**Action item:** Tally the lines below that contain "stream" and reply with only the tally.

[Data excerpts]

****************************************

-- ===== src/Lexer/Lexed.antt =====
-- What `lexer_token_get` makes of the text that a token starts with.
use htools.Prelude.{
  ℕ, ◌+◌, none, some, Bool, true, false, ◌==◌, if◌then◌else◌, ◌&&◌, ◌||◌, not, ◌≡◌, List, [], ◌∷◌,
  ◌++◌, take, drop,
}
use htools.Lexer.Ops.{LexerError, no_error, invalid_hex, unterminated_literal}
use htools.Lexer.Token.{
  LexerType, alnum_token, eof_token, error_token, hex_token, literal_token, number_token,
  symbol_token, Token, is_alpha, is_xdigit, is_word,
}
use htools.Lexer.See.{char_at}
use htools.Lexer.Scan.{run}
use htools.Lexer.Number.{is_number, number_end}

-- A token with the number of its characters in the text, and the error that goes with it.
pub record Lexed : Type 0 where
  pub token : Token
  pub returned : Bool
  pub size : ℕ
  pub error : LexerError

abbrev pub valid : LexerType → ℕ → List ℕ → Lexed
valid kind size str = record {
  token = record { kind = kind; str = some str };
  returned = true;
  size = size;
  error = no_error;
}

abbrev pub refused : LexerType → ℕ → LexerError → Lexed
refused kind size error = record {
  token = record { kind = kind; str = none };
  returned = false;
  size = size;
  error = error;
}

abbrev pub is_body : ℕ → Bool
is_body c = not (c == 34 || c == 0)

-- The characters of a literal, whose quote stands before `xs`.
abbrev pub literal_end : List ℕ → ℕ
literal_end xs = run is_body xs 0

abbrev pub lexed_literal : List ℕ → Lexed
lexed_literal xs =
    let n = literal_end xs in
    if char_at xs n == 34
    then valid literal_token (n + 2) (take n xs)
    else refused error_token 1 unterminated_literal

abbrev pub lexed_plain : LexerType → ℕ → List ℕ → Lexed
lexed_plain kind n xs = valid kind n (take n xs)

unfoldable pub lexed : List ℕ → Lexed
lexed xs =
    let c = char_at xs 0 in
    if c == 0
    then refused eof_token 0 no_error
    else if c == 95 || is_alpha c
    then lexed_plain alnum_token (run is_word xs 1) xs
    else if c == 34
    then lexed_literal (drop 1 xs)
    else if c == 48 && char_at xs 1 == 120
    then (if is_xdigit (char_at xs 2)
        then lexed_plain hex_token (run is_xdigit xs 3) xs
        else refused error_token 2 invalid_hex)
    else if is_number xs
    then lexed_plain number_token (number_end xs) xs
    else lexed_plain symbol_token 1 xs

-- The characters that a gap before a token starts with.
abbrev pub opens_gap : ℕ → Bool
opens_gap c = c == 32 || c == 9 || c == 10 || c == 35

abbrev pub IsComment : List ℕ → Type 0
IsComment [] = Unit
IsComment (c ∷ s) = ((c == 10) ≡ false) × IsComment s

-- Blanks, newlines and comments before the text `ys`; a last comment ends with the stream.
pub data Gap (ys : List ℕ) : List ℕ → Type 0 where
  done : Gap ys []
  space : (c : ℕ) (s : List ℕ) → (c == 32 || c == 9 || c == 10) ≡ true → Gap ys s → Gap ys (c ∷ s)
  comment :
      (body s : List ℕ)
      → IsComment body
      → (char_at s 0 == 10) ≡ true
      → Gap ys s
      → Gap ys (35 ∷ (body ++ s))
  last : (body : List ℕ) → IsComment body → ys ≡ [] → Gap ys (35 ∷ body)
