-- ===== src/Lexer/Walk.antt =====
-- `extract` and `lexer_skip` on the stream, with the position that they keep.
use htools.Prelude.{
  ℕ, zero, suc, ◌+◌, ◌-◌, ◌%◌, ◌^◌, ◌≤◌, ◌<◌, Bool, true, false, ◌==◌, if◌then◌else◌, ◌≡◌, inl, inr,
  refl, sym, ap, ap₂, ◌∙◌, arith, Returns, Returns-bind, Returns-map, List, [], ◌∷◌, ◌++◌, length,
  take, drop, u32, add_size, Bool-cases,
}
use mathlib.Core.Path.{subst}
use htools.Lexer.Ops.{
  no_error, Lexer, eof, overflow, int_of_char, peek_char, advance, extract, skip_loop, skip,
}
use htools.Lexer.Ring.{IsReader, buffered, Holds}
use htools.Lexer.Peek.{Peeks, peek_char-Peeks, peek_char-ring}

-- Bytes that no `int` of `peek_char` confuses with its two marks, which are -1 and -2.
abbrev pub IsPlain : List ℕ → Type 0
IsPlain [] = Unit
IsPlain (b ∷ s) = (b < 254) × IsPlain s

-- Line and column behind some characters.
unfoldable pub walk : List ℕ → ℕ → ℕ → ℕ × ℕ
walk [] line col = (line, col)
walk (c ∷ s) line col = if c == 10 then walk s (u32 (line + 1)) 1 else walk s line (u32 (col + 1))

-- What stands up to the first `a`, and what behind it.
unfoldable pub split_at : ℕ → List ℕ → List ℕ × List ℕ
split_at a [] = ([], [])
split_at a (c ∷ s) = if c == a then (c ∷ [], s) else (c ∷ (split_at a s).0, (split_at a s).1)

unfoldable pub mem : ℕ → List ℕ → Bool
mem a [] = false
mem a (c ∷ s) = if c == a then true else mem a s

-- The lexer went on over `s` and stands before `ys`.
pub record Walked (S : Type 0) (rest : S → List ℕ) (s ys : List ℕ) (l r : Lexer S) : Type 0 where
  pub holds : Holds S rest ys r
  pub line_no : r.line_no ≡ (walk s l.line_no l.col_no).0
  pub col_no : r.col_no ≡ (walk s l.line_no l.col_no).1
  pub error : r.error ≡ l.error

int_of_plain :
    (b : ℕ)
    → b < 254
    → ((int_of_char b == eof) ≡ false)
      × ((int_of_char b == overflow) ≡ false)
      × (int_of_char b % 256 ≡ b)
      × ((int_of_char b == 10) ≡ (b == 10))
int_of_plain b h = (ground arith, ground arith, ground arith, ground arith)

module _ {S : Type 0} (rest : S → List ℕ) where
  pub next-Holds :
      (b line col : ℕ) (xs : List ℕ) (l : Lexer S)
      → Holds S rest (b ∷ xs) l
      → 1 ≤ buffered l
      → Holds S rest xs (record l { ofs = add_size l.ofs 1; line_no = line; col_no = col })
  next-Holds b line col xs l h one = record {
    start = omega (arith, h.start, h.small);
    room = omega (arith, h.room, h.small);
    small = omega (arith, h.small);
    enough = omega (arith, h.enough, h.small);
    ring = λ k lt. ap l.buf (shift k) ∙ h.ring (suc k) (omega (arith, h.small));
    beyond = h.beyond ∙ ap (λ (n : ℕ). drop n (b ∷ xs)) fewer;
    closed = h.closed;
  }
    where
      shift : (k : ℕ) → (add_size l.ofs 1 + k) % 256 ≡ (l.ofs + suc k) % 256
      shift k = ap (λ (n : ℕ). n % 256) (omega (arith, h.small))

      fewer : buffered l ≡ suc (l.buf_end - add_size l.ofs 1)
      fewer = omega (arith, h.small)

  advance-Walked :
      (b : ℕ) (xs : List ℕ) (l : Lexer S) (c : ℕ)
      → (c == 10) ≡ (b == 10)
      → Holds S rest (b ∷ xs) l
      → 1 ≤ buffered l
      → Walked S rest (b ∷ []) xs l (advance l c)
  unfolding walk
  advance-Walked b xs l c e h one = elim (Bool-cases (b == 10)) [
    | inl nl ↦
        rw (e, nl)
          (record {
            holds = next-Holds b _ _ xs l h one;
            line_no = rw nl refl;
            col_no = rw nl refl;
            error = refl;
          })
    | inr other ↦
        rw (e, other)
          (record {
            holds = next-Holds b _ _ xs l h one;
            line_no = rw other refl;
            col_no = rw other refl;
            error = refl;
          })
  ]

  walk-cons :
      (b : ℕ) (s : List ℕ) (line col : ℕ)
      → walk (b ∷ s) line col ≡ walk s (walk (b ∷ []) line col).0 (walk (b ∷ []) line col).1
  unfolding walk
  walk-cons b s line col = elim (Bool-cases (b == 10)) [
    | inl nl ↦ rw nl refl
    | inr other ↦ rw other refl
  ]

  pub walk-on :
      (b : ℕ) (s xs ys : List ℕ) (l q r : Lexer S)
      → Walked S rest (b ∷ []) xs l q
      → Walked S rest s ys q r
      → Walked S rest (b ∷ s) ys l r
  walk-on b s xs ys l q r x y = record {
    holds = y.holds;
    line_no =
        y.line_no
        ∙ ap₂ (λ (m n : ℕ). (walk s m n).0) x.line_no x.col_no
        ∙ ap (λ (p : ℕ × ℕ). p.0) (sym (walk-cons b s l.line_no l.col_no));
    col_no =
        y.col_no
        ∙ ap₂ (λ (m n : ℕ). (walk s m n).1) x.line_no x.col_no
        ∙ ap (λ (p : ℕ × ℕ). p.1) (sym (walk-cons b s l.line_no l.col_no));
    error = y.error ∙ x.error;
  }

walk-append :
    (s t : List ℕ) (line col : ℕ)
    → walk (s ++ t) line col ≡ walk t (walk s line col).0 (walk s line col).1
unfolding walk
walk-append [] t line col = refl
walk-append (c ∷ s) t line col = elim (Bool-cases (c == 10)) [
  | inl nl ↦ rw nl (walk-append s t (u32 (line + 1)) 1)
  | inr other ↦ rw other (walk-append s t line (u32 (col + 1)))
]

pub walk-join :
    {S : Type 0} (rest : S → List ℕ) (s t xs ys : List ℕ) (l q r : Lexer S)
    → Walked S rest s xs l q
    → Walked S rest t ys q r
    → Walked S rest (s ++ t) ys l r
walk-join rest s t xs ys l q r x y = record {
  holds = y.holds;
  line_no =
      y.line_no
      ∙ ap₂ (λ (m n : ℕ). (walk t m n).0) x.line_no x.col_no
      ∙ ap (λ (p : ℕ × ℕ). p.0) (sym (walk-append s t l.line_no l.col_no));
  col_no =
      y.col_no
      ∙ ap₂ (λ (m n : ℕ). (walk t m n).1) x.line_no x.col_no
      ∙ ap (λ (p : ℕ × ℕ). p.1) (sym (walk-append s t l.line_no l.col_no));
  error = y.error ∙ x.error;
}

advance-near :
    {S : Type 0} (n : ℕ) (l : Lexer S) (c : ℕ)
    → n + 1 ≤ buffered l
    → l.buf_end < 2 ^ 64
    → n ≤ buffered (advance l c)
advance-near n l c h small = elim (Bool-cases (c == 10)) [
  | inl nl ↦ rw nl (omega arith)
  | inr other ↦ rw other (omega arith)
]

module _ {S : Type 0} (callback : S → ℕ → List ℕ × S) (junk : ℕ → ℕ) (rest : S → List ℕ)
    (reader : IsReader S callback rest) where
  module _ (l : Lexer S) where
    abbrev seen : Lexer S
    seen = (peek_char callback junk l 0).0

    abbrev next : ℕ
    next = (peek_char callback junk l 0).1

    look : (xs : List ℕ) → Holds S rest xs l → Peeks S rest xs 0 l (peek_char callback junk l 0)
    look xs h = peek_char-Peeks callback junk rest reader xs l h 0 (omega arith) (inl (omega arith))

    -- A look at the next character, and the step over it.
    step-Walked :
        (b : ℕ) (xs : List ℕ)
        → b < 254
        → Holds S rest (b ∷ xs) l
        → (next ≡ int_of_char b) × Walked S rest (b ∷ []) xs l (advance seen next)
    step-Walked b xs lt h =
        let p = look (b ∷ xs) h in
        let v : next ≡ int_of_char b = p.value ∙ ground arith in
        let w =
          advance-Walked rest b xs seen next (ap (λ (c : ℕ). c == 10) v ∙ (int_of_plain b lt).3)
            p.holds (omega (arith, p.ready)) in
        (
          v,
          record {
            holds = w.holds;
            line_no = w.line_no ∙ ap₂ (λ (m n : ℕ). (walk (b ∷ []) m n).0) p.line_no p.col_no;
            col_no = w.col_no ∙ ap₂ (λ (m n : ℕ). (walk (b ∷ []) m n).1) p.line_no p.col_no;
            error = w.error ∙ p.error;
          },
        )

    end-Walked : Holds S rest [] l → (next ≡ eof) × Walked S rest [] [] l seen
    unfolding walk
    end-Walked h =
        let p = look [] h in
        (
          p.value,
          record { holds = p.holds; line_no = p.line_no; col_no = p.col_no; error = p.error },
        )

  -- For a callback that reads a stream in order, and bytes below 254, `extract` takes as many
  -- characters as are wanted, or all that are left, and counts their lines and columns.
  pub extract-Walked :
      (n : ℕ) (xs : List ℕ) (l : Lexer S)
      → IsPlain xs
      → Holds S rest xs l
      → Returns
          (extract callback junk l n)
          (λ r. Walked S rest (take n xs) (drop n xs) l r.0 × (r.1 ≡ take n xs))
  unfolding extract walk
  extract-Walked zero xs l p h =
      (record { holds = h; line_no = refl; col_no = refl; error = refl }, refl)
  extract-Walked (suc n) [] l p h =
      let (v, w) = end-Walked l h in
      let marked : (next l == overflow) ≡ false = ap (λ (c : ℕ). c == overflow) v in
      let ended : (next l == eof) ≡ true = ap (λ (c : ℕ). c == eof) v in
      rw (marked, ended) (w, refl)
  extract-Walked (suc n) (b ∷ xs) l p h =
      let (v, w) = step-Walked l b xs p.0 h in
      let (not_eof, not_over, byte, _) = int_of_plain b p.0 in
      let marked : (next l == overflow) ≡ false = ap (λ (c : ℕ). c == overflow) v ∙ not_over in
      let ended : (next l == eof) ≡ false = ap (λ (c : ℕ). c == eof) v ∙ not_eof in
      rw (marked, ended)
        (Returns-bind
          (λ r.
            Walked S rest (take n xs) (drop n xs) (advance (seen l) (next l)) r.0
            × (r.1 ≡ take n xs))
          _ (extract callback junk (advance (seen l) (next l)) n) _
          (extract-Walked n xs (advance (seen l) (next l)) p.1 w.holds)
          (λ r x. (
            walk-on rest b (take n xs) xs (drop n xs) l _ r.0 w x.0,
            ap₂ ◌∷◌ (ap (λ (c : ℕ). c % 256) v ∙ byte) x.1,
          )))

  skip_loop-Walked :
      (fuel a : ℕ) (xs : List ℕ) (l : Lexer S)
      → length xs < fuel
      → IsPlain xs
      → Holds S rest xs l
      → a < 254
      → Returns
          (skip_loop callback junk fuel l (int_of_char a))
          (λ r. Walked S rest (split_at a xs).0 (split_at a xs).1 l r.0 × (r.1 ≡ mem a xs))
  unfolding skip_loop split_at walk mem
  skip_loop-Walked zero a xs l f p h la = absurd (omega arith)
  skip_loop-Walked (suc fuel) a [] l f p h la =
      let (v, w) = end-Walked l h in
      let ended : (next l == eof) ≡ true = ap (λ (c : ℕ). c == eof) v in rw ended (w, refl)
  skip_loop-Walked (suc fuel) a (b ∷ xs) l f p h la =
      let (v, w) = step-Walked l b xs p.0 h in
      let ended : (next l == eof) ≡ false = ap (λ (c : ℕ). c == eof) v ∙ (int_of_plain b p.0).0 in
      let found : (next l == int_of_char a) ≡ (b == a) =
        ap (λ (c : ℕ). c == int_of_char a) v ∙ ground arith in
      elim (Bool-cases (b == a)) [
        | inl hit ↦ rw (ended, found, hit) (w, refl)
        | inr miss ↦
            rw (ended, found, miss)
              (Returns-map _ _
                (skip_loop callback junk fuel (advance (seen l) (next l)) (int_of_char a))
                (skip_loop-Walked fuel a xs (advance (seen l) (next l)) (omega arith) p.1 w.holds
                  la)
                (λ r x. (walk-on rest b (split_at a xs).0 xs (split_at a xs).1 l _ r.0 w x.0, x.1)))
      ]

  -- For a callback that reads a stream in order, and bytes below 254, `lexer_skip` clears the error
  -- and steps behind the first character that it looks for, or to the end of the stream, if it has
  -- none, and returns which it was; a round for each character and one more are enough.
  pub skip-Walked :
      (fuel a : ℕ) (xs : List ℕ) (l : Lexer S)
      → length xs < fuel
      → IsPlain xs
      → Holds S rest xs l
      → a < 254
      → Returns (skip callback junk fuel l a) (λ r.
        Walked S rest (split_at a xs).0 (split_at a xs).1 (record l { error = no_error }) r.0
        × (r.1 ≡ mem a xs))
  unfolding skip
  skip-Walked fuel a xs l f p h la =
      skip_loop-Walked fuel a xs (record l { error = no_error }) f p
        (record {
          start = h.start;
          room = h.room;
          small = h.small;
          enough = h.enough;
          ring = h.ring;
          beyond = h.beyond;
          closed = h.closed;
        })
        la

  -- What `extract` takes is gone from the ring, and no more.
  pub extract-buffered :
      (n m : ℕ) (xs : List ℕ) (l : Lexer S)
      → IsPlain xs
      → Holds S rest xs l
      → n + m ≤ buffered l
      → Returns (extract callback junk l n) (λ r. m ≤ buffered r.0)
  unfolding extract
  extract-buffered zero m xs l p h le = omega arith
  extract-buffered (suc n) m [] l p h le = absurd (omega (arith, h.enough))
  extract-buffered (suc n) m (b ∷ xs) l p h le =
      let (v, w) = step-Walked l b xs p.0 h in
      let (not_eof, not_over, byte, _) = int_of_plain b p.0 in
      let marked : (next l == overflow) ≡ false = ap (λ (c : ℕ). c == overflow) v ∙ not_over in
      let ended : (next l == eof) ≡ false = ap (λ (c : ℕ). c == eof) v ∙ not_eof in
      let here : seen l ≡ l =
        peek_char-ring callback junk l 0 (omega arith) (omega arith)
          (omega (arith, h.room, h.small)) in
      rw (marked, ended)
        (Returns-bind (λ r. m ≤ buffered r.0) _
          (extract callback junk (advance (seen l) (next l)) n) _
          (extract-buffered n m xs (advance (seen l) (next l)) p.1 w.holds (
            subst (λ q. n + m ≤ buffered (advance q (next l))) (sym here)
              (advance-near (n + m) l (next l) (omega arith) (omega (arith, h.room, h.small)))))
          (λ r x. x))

****************************************

**Exercise solution:** 5